I do not understand the comment about it being a "medical problem" Can you elaborate?

Frank

This is obviously a medical problem.

----- Original Message -----
From: "John Fischer" <n2nu@arrl.net>
To: <southbendlathe@yahoogroups.com>
Sent: Monday, June 23, 2003 11:56 AM
Subject: Re: [southbendlathe] Re: Turning Troubles


Is there a possibility that your .5" rod is flexing?
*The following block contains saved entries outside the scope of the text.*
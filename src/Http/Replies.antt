-- ===== src/Http/Replies.antt =====
-- The replies to remote calls.
use rif_relay_server.Base.{
  ℕ, zero, suc, ◌≡◌, ◌<◌, ◌↔◌, refl, ap, ◌∙◌, Option, none, some, List, [], ◌∷◌, Text, arith,
}
use rif_relay_server.Outcome.{Outcome, ok, err}
use rif_relay_server.Server.{Server}
use rif_relay_server.Server.Relay.{RelayContext}
use rif_relay_server.Http.{
  Param, RootHandlerRequestBody, WhitelistedRelayMethod, RpcValue, Reply, rpc_success,
  available_methods, find_method, call_of_body, reply_or, run_method, run_with,
  process_root_handler, root_reply, root_handler,
}

module _ {Store D : Type 0} (c : RelayContext Store D) where
  -- The fields of a body that make the call of a method, which returned.
  abbrev pub IsCalled :
      Option ℕ
      → Option Text
      → Option (List Param)
      → Server Store
      → ℕ
      → RpcValue
      → Server Store
      → Type 0
  IsCalled bid bname bparams s id v t =
      (0 < id)
      × (bid ≡ some id)
      × (name : Text) × (m : WhitelistedRelayMethod) × (ps : List Param) × (bname ≡ some name)
      × (find_method name available_methods ≡ some m)
      × (bparams ≡ some ps)
      × (run_method c m ps s ≡ (ok v, t))

  reply_or-success :
      (at id : ℕ) (r : Outcome RpcValue × Server Store) (v : RpcValue) (t : Server Store)
      → ◌≡◌ {A = Reply D × Server Store}
          (reply_or (rpc_success at) (Reply.rpc_error (some at)) r)
          (rpc_success id v, t)
      → (at ≡ id) × (r ≡ (ok v, t))
  reply_or-success at id (ok w, u) v t e =
      let f = ap (λ q. q.0) e in let same : w ≡ v = cc in (cc, λ i. (ok (same i), (e i).1))
  reply_or-success at id (err x, u) v t e = let f = ap (λ q. q.0) e in cc

  run_with-ok :
      (o : Option WhitelistedRelayMethod) (p : Option (List Param)) (s t : Server Store)
      (v : RpcValue)
      → run_with c o p s ≡ (ok v, t)
      → (m : WhitelistedRelayMethod) × (ps : List Param) × (o ≡ some m)
        × (p ≡ some ps)
        × (run_method c m ps s ≡ (ok v, t))
  run_with-ok none p s t v e = let f = ap (λ q. q.0) e in cc
  run_with-ok (some m) none s t v e = let f = ap (λ q. q.0) e in cc
  run_with-ok (some m) (some ps) s t v e = (m, ps, refl, refl, e)

  IsCalled-of :
      (bid : Option ℕ) (bname : Option Text) (bps : Option (List Param)) (s t : Server Store)
      (id : ℕ) (v : RpcValue)
      → root_reply c (call_of_body bid bname) bps s ≡ (rpc_success id v, t)
      → IsCalled bid bname bps s id v t
  unfolding process_root_handler
  IsCalled-of none bname bps s t id v e = let f = ap (λ q. q.0) e in cc
  IsCalled-of (some i) none bps s t id v e = let f = ap (λ q. q.0) e in cc
  IsCalled-of (some zero) (some n) bps s t id v e = let f = ap (λ q. q.0) e in cc
  IsCalled-of (some (suc i)) (some []) bps s t id v e = let f = ap (λ q. q.0) e in cc
  IsCalled-of (some (suc i)) (some (x ∷ xs)) bps s t id v e =
      let (same, ran) = reply_or-success (suc i) id (process_root_handler c (x ∷ xs) bps s) v t e in
      let (m, ps, found, given, returned) =
        run_with-ok (find_method (x ∷ xs) available_methods) bps s t v ran in
      (omega arith, ap some same, x ∷ xs, m, ps, refl, found, given, returned)

  called_lem :
      (id : ℕ) (name : Text) (m : WhitelistedRelayMethod) (ps : List Param) (s t : Server Store)
      (v : RpcValue)
      → 0 < id
      → find_method name available_methods ≡ some m
      → run_method c m ps s ≡ (ok v, t)
      → root_reply c (call_of_body (some id) (some name)) (some ps) s ≡ (rpc_success id v, t)
  unfolding process_root_handler
  called_lem zero name m ps s t v positive found ran = absurd (omega arith)
  called_lem (suc i) [] m ps s t v positive found ran = cc
  called_lem (suc i) (x ∷ xs) m ps s t v positive found ran =
      ap
        (λ o.
          reply_or (rpc_success (suc i)) (Reply.rpc_error (some (suc i)))
            (run_with c o (some ps) s))
        found
      ∙ ap (reply_or (rpc_success (suc i)) (Reply.rpc_error (some (suc i)))) ran

  -- A remote call has a result exactly if its body carries an id that is not 0, the name of one of
  -- the eight available methods, and a list of parameters, and that method returns the result on
  -- them: a body without parameters has no result, even for a method that takes none.
  pub root_handler_lem :
      (body : RootHandlerRequestBody) (s t : Server Store) (id : ℕ) (v : RpcValue)
      → (root_handler c body s ≡ (rpc_success id v, t))
        ↔ IsCalled body.id body.method body.params s id v t
  unfolding root_handler
  root_handler_lem body s t id v = (
    IsCalled-of body.id body.method body.params s t id v,
    λ (positive, has_id, name, m, ps, has_name, found, has_params, ran).
        rw (has_id, has_name, has_params) (called_lem id name m ps s t v positive found ran),
  )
Not sure how long
the
> work piece is but this may be a problem.
>


Jeff Groom <jeffgroom@...>
 

Frank, I believe the comment was directed towards the previous
comment which stated:
"Is there a possibility that your .5" rod is flexing? Not sure how
long the work piece is but this may be a problem."
I believe that the length and flexibility of a mans workpiece should
be a private matter ;-)

...And now for something completely different.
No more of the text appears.